(Exercise data)

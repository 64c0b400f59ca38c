-- ===== src/Wire/Names.antt =====
-- wire.go: the names and the numbers of frame types.
use text.Mathlib.Text.{◌==◌ as str_eq}
use text.Mathlib.TextEquality.{eq_iff}
use mathlib.Core.Path.{subst}
use thalovant_go_sdk.Prelude.{
  ℕ, ◌<◌, false, none, some, String, List, [], ◌∷◌, ◌≡◌, inl, inr, refl, sym, arith, Bool-cases,
  Option-cases, All,
}
use thalovant_go_sdk.Wire.{hive_type_to_int, entry, name_of, type_number, type_name}
use thalovant_go_sdk.Wire.Frames.{wire_name}

-- What holds of a type's name and number.
unfoldable pub Agree : String × ℕ → Type 0
Agree (name, number) =
    (type_name number ≡ wire_name name)
    × (number < 32)
    × (str_eq (type_name number) "bin" ≡ str_eq name "bin")

table-Agree : All Agree hive_type_to_int
unfolding Agree type_name name_of wire_name entry
table-Agree = ground arith

entry-All :
    (P : String × ℕ → Type 0) (m : List (String × ℕ)) (key : String) (n : ℕ)
    → All P m
    → entry m key ≡ some n
    → P (key, n)
unfolding entry
entry-All P [] key n all e = cc
entry-All P ((k, m) ∷ ms) key n (p, all) e = elim (Bool-cases (str_eq k key)) [
  | inl same ↦
      let found : m ≡ n = cc in
      subst (λ x. P (x, n)) ((eq_iff k key).0 same) (subst (λ x. P (k, x)) found p)
  | inr other ↦ let further : entry ms key ≡ some n = cc in entry-All P ms key n all further
]

-- A name without a number is none of the table's.
unlisted :
    (name listed : String) (n : ℕ)
    → entry hive_type_to_int name ≡ none
    → entry hive_type_to_int listed ≡ some n
    → str_eq name listed ≡ false
unlisted name listed n e l = elim (Bool-cases (str_eq name listed)) [
  | inl same ↦ let equal : name ≡ listed = (eq_iff name listed).0 same in cc
  | inr other ↦ other
]

handshake_listed : entry hive_type_to_int "handshake" ≡ some 0
unfolding entry
handshake_listed = refl

bin_listed : entry hive_type_to_int "bin" ≡ some 12
unfolding entry
bin_listed = refl

unlisted-Agree : (name : String) → entry hive_type_to_int name ≡ none → Agree (name, 11)
unfolding Agree wire_name type_name name_of
unlisted-Agree name e =
    let no_handshake : str_eq name "handshake" ≡ false =
      unlisted name "handshake" 0 e handshake_listed in
    let no_bin : str_eq name "bin" ≡ false = unlisted name "bin" 12 e bin_listed in
    rw (no_handshake, no_bin, e) (refl, omega arith, refl)

type_number-some :
    (name : String) (n : ℕ) → entry hive_type_to_int name ≡ some n → type_number name ≡ n
unfolding type_number
type_number-some name n e = rw (type_number, e) refl

type_number-none : (name : String) → entry hive_type_to_int name ≡ none → type_number name ≡ 11
unfolding type_number
type_number-none name e = rw (type_number, e) refl

pub type_number-Agree : (name : String) → Agree (name, type_number name)
type_number-Agree name = elim (Option-cases (entry hive_type_to_int name)) [
  | inl e ↦ subst (λ n. Agree (name, n)) (sym (type_number-none name e)) (unlisted-Agree name e)
  | inr (n, e) ↦
      subst (λ n. Agree (name, n)) (sym (type_number-some name n e))
        (entry-All Agree hive_type_to_int name n table-Agree e)
]
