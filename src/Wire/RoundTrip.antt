-- ===== src/Wire/RoundTrip.antt =====
-- wire.go: an encoded message is read back, and so is a clip, wherever its bits begin.
use text.Mathlib.Text.{◌==◌ as str_eq}
use mathlib.Core.List.{append_assoc}
use thalovant_go_sdk.Prelude.{
  ℕ, ◌+◌, ◌*◌, ◌%◌, ◌^◌, ◌≤◌, ◌<◌, Bool, false, Option, none, some, [], ◌∷◌, ◌++◌, ◌≡◌, refl, ap,
  ◌∙◌, arith, ltb, length, All,
}
use thalovant_go_sdk.Noise.{Bytes}
use thalovant_go_sdk.FrameBits.{ok, ◌>>=◌}
use thalovant_go_sdk.Wire.{
  Codecs, Object, HiveMessage, name_of, type_number, type_name, frame_head, non_nil_map,
  binary_frame, binary_kind_name, encode_hive_binary_frame, encode_payload, marshalled,
  decode_wire_text, decode_clip, decode_payload, decode_body, decode_hive_binary_frame,
  unmarshalled,
}
use thalovant_go_sdk.FrameBits.Bits.{bits, stream, padding, head_byte}
use thalovant_go_sdk.FrameBits.Stream.{
  IsByte, Yields, read_four-Yields, read_remaining_bytes-Yields, stream-append,
}
use thalovant_go_sdk.Wire.Frames.{
  version_bits, IsVersion, flag_bit, frame_bits, wire_name, decode_frame_bits,
}
use thalovant_go_sdk.Wire.Names.{Agree, type_number-Agree}

head_bits : (t : ℕ) → t < 32 → bits 8 (128 + t * 2) ≡ 1 ∷ 0 ∷ (bits 5 t ++ (0 ∷ []))
unfolding bits
head_bits t l = ground arith

-- A frame of the encoder, bit by bit.
encoded_bits :
    (t : ℕ) (metadata body : Bytes)
    → t < 32
    → length metadata ≤ 255
    → stream (frame_head t ∷ length metadata % 2 ^ 8 ∷ metadata ++ body)
      ≡ frame_bits 0 none t false metadata (stream body)
unfolding frame_bits frame_head version_bits flag_bit padding stream
encoded_bits t metadata body l m =
    let small : length metadata % 2 ^ 8 ≡ length metadata = omega arith in
    rw (head_byte t l, head_bits t l, small, stream-append metadata body)
      (ap (λ s. 1 ∷ 0 ∷ s) (append_assoc (bits 5 t) (0 ∷ []) _))

-- What is read of a message that was encoded: its maps, never nil, under its type's name on the wire,
-- and nothing else of it.
unfoldable pub as_read : {V : Type 0} → HiveMessage V → HiveMessage V
as_read m = record {
  msg_type = wire_name m.msg_type;
  payload = some (non_nil_map m.payload);
  binary = none;
  metadata = some (non_nil_map m.metadata);
  route = [];
  node = none;
  target_site_id = none;
  target_pub_key = none;
  source_peer = none;
}

-- json.Unmarshal reads back, as `o`, the bytes that json.Marshal wrote for it.
unfoldable pub IsWritten : {V : Type 0} → Codecs V → Object V → Bytes → Type 0
IsWritten c o bytes =
    (c.marshal o ≡ some bytes) × (c.unmarshal bytes ≡ some (some o)) × All IsByte bytes

module _ {V : Type 0} (c : Codecs V) where
  marshalled-some :
      (o : Object V) (bytes : Bytes) → c.marshal o ≡ some bytes → marshalled c o ≡ ok bytes
  unfolding marshalled
  marshalled-some o bytes e = rw (marshalled, e) refl

  unmarshalled-some :
      (bytes : Bytes) (o : Option (Object V))
      → c.unmarshal bytes ≡ some o
      → unmarshalled c bytes ≡ ok o
  unfolding unmarshalled
  unmarshalled-some bytes o e = rw (unmarshalled, e) refl

  payload_encoded :
      (t : ℕ) (metadata body : Bytes) (m : HiveMessage V)
      → marshalled c (non_nil_map m.payload) ≡ ok body
      → encode_payload c t metadata m
        ≡ ok (frame_head t ∷ length metadata % 2 ^ 8 ∷ metadata ++ body)
  unfolding encode_payload
  payload_encoded t metadata body m e = rw e refl

  encoded :
      (m : HiveMessage V) (metadata body : Bytes)
      → IsWritten c (non_nil_map m.metadata) metadata
      → IsWritten c (non_nil_map m.payload) body
      → length metadata ≤ 255
      → encode_hive_binary_frame c m
        ≡ ok (frame_head (type_number m.msg_type) ∷ length metadata % 2 ^ 8 ∷ metadata ++ body)
  unfolding encode_hive_binary_frame IsWritten
  encoded m metadata body (w, _, _) (w', _, _) l =
      let fits : ltb 255 (length metadata) ≡ false = ground arith in
      let rest =
        payload_encoded (type_number m.msg_type) metadata body m (marshalled-some _ body w') in
      rw (marshalled-some (non_nil_map m.metadata) metadata w, fits, rest) refl

  -- A message that is not of type "bin" and whose metadata takes 255 bytes at most is encoded, and
  -- the frame is read back as the message with its maps, never nil, and its type's name on the
  -- wire, when json.Unmarshal reads back what json.Marshal wrote for its two maps.
  pub decode-encode :
      (m : HiveMessage V) (metadata body : Bytes)
      → IsWritten c (non_nil_map m.metadata) metadata
      → IsWritten c (non_nil_map m.payload) body
      → length metadata ≤ 255
      → str_eq m.msg_type "bin" ≡ false
      → (encode_hive_binary_frame c m >>= decode_hive_binary_frame c) ≡ ok (as_read m)
  unfolding IsWritten Agree IsVersion decode_wire_text decode_body as_read Yields decode_payload
  decode-encode m metadata body w w' l b =
      let (named, t, bin) = type_number-Agree m.msg_type in
      let (r, e, h) =
        decode_frame_bits c _ 0 none (type_number m.msg_type) false metadata (stream body) metadata
          (some (non_nil_map m.metadata)) (encoded_bits _ metadata body t l) tt t l w.2 refl
          (unmarshalled-some metadata _ w.1) in
      let (r', e', h') = read_remaining_bytes-Yields body r w'.2 h in
      let payload = unmarshalled-some body (some (non_nil_map m.payload)) w'.1 in
      rw (encoded m metadata body w w' l, e, bin ∙ b, e', payload, named) refl

  -- A BINARY frame, whatever its padding, its version and its compression, is read as the clip that
  -- it carries, bit for bit, with the name of its payload type and its metadata.
  pub decode_clip_frame :
      (p : Bytes) (k : ℕ) (version : Option ℕ) (compressed : Bool) (metadata text clip : Bytes)
      (object : Option (Object V)) (kind : ℕ)
      → stream p ≡ frame_bits k version 12 compressed metadata (bits 4 kind ++ stream clip)
      → IsVersion version
      → kind < 16
      → length metadata ≤ 255
      → All IsByte metadata
      → All IsByte clip
      → decode_wire_text c metadata compressed ≡ ok text
      → c.unmarshal text ≡ some object
      → decode_hive_binary_frame c p
        ≡ ok (record {
          msg_type = "bin";
          payload = some [];
          binary = some (binary_frame c (binary_kind_name c kind) clip object);
          metadata = object;
          route = [];
          node = none;
          target_site_id = none;
          target_pub_key = none;
          source_peer = none;
        })
  unfolding decode_body decode_clip Yields type_name name_of
  decode_clip_frame p k version compressed metadata text clip object kind e v q l all all' d u =
      let (r, e1, h) =
        decode_frame_bits c p k version 12 compressed metadata (bits 4 kind ++ stream clip) text
          object e v (omega arith) l all d (unmarshalled-some text object u) in
      let (r', e2, h') = read_four-Yields kind r (stream clip) q h in
      let (r'', e3, h'') = read_remaining_bytes-Yields clip r' all' h' in rw (e1, e2, e3) refl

(End Exercise data)

• **Exercise instructions**: What is needed here is one number: how many lines of the entries hold the string "Codecs".

• **Exercise answer**: 3